▶ _WHAT TO WORK ON_
From the data underneath, reproduce exactly the stretch that begins at the line with "Quot.lift Count-set (λ" and ends after the line with "agree (sequences_valid bs)".

▶ _SUPPLIED ENTRIES_
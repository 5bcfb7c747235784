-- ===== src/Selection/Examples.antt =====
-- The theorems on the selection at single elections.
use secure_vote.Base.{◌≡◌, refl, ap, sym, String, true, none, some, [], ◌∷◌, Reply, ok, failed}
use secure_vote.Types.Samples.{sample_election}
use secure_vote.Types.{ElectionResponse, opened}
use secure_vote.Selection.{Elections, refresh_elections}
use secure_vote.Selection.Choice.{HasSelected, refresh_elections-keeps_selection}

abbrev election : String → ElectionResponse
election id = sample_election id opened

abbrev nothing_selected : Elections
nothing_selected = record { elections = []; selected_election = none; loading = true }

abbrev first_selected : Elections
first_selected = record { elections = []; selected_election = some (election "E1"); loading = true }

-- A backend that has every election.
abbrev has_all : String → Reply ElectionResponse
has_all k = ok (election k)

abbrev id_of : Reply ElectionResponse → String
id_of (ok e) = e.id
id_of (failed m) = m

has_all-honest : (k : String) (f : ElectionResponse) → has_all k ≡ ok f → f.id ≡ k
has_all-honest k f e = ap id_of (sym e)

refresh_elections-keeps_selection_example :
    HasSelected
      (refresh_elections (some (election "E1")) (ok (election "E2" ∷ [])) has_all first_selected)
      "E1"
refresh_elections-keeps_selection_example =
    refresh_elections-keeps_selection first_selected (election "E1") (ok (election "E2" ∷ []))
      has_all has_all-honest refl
--
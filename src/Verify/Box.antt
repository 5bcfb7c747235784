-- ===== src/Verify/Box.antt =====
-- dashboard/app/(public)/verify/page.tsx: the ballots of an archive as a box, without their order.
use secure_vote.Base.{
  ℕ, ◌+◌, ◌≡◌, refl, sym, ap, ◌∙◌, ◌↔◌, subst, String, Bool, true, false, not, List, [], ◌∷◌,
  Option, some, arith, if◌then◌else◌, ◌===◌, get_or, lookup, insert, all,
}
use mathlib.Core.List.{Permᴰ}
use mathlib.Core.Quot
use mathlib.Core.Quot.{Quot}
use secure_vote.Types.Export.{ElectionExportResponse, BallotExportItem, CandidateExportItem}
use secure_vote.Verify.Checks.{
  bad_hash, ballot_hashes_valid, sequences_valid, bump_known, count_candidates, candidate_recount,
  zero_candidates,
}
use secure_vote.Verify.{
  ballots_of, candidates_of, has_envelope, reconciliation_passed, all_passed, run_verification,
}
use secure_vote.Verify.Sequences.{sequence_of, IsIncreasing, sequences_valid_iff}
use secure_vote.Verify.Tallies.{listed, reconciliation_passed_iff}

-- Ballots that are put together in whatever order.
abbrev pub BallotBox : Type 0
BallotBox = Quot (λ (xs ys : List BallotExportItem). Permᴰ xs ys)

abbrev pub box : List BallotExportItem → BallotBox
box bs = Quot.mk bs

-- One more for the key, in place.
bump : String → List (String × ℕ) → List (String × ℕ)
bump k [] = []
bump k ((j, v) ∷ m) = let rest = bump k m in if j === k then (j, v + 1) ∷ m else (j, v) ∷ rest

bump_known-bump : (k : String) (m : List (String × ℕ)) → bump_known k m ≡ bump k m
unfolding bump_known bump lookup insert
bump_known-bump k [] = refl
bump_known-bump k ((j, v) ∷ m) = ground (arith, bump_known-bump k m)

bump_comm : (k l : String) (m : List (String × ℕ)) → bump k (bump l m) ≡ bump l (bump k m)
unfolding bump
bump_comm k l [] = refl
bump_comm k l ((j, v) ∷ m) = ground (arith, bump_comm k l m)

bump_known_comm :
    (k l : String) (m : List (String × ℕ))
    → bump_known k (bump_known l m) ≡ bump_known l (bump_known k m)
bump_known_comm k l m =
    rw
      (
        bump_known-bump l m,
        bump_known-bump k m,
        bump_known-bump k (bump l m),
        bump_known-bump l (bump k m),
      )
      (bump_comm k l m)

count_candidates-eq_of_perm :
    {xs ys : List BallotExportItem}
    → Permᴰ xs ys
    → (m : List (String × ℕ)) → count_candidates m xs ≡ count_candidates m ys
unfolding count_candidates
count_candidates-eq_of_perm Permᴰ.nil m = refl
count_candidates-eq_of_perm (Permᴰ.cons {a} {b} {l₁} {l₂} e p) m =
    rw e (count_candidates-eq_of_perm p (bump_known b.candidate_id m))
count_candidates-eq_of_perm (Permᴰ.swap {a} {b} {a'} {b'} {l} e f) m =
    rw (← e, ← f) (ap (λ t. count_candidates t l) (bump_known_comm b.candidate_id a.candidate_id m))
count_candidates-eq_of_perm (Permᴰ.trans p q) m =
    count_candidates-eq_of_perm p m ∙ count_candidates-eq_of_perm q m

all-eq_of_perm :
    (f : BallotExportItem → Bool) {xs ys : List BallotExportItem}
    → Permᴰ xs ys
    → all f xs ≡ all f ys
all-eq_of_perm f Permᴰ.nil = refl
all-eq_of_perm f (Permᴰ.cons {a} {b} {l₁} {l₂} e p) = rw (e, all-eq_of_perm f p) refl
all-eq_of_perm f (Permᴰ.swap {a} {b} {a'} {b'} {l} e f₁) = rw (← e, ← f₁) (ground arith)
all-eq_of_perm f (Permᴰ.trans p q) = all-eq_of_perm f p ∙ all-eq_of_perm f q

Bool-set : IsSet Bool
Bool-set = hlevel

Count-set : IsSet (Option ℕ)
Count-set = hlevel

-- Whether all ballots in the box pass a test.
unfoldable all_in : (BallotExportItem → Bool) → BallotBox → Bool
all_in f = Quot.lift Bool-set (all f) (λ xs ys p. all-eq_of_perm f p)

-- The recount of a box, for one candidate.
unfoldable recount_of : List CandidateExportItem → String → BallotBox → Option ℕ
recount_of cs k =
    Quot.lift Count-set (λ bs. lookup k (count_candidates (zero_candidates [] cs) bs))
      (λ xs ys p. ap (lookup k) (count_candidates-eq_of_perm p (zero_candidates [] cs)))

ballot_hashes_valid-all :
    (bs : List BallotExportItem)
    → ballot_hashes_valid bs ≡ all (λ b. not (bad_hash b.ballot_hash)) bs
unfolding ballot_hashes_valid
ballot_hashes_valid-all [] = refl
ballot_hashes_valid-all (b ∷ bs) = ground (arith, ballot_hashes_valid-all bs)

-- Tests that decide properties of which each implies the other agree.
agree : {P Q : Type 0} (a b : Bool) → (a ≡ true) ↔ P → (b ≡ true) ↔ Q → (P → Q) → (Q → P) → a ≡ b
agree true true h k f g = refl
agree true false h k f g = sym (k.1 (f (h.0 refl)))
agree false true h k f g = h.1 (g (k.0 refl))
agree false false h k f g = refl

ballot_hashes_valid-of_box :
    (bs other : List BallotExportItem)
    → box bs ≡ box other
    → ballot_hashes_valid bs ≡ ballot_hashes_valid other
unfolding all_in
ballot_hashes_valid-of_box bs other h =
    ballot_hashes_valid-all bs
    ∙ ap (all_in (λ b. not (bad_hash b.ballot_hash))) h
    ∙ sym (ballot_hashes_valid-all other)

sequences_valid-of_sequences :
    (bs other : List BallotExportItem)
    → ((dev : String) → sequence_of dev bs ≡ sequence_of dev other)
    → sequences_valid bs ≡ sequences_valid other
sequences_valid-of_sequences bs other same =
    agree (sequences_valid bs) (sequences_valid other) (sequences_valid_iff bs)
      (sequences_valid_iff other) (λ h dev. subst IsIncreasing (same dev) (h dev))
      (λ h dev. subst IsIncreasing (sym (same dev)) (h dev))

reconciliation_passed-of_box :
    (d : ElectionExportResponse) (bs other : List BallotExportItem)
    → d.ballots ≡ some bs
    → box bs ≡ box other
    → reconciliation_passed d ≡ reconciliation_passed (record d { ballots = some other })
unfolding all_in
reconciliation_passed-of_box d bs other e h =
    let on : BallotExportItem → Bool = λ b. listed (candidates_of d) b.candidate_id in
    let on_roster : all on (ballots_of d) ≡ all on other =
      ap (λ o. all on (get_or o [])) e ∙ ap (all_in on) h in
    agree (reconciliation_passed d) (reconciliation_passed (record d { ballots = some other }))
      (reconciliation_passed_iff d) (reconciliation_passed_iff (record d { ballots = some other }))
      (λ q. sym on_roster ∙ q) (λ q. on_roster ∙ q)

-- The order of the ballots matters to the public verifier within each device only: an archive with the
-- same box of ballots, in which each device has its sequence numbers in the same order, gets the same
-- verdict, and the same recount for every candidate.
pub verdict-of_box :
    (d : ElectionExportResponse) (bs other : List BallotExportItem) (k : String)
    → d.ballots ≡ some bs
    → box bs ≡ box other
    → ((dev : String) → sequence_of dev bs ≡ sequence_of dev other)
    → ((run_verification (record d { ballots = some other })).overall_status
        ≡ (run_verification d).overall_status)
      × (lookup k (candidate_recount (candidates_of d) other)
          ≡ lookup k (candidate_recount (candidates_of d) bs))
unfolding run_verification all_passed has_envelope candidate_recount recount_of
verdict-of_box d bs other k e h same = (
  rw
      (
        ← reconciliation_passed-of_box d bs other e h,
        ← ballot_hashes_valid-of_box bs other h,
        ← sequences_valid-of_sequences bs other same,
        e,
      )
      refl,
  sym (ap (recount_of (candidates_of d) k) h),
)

▶ _RESPONSE AREA_
    Quot.lift Count-set (λ bs. lookup k (count_candidates (zero_candidates [] cs) bs))
      (λ xs ys p. ap (lookup k) (count_candidates-eq_of_perm p (zero_candidates [] cs)))

ballot_hashes_valid-all :
    (bs : List BallotExportItem)
    → ballot_hashes_valid bs ≡ all (λ b. not (bad_hash b.ballot_hash)) bs
unfolding ballot_hashes_valid
ballot_hashes_valid-all [] = refl
ballot_hashes_valid-all (b ∷ bs) = ground (arith, ballot_hashes_valid-all bs)

-- Tests that decide properties of which each implies the other agree.
agree : {P Q : Type 0} (a b : Bool) → (a ≡ true) ↔ P → (b ≡ true) ↔ Q → (P → Q) → (Q → P) → a ≡ b
agree true true h k f g = refl
agree true false h k f g = sym (k.1 (f (h.0 refl)))
agree false true h k f g = h.1 (g (k.0 refl))
agree false false h k f g = refl

ballot_hashes_valid-of_box :
    (bs other : List BallotExportItem)
    → box bs ≡ box other
    → ballot_hashes_valid bs ≡ ballot_hashes_valid other
unfolding all_in
ballot_hashes_valid-of_box bs other h =
    ballot_hashes_valid-all bs
    ∙ ap (all_in (λ b. not (bad_hash b.ballot_hash))) h
    ∙ sym (ballot_hashes_valid-all other)

sequences_valid-of_sequences :
    (bs other : List BallotExportItem)
    → ((dev : String) → sequence_of dev bs ≡ sequence_of dev other)
    → sequences_valid bs ≡ sequences_valid other
sequences_valid-of_sequences bs other same =
    agree (sequences_valid bs) (sequences_valid other) (sequences_valid_iff bs)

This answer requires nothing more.